** Opening DATA LISTING block **
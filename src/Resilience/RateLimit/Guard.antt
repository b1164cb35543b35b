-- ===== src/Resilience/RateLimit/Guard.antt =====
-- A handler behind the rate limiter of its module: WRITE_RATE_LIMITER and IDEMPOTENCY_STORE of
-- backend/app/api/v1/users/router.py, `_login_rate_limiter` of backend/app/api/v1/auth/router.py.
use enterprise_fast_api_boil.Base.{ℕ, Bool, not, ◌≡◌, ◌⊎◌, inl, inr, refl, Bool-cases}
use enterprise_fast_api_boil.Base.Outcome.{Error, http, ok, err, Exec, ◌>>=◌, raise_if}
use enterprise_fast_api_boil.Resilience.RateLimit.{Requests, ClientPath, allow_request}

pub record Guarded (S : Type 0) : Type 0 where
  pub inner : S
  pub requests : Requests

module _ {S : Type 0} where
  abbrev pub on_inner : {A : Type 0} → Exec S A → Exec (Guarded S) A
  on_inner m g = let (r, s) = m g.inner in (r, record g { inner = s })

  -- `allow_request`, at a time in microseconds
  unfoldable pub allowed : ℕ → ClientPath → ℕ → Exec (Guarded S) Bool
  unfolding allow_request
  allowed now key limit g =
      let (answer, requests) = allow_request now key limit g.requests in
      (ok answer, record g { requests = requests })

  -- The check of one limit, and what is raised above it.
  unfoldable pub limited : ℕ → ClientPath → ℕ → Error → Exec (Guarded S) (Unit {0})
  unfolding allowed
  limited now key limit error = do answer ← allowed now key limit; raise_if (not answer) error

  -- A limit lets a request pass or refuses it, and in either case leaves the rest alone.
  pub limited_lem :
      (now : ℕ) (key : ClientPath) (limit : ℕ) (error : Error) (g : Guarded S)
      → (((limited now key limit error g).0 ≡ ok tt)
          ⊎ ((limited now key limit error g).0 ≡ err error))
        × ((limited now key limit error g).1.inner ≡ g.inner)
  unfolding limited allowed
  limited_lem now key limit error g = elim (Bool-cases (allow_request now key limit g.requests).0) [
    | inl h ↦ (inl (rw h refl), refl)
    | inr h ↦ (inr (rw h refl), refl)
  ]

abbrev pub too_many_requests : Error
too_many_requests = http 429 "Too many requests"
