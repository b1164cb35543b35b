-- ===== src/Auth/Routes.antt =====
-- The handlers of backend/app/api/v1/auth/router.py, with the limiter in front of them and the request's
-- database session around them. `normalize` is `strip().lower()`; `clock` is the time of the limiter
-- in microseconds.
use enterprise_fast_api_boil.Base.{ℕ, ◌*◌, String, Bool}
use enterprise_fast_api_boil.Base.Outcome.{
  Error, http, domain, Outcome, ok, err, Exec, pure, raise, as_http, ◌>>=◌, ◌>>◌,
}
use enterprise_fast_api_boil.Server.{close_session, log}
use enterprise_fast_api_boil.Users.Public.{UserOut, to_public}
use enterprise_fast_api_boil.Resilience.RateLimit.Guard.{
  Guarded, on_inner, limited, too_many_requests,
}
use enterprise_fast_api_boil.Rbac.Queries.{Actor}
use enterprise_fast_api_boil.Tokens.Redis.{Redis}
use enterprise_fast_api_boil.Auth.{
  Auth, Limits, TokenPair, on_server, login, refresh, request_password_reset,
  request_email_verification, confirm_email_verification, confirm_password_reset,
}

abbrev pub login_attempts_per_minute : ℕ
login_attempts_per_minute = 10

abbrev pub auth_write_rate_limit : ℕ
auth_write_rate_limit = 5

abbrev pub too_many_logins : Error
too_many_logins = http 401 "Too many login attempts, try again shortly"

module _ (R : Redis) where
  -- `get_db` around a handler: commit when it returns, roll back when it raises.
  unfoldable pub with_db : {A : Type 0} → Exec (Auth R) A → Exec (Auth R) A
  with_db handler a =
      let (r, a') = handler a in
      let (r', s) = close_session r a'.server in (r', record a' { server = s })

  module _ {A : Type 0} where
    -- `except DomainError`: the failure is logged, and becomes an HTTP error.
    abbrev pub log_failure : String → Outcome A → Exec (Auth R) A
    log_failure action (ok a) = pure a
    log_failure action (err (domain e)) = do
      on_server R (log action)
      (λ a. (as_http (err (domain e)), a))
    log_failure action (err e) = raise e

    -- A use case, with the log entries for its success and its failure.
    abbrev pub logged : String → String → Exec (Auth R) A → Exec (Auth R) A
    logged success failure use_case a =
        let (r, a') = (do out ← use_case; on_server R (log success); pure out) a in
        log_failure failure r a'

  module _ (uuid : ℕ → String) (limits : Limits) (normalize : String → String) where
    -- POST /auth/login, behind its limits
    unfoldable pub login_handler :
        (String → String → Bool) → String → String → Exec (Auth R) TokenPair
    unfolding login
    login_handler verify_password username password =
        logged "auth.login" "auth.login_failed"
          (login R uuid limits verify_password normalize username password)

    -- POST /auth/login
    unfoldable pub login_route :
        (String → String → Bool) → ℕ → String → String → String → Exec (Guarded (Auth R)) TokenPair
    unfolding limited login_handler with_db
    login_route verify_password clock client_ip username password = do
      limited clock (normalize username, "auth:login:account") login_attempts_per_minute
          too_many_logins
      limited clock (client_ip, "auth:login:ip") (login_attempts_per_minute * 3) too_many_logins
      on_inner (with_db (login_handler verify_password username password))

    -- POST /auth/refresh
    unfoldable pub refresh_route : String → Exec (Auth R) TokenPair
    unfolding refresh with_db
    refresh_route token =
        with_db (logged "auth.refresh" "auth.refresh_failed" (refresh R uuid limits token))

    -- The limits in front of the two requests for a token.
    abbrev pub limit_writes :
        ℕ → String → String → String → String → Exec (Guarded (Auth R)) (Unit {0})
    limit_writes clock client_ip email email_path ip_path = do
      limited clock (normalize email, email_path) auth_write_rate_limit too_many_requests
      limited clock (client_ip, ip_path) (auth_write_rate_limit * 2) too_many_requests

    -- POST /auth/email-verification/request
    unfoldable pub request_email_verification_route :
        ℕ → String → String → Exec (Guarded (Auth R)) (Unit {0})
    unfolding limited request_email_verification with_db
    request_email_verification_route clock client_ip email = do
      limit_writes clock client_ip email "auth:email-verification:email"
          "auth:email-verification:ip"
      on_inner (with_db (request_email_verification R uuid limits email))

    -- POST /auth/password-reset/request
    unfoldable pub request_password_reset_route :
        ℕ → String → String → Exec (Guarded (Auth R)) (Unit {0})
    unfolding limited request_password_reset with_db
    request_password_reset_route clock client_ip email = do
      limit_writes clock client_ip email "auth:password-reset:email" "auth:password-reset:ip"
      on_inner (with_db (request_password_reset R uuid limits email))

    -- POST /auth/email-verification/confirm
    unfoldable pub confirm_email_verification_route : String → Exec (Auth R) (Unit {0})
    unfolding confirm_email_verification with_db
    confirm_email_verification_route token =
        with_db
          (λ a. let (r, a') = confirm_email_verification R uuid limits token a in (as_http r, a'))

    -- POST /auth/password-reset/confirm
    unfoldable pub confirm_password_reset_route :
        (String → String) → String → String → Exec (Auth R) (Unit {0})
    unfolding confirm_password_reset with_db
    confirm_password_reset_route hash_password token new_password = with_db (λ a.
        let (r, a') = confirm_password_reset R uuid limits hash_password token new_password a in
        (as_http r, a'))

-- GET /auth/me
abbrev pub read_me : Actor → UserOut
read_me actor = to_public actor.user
** Closing DATA LISTING block **
Work out how many lines above include the string "them", then give that number alone.

2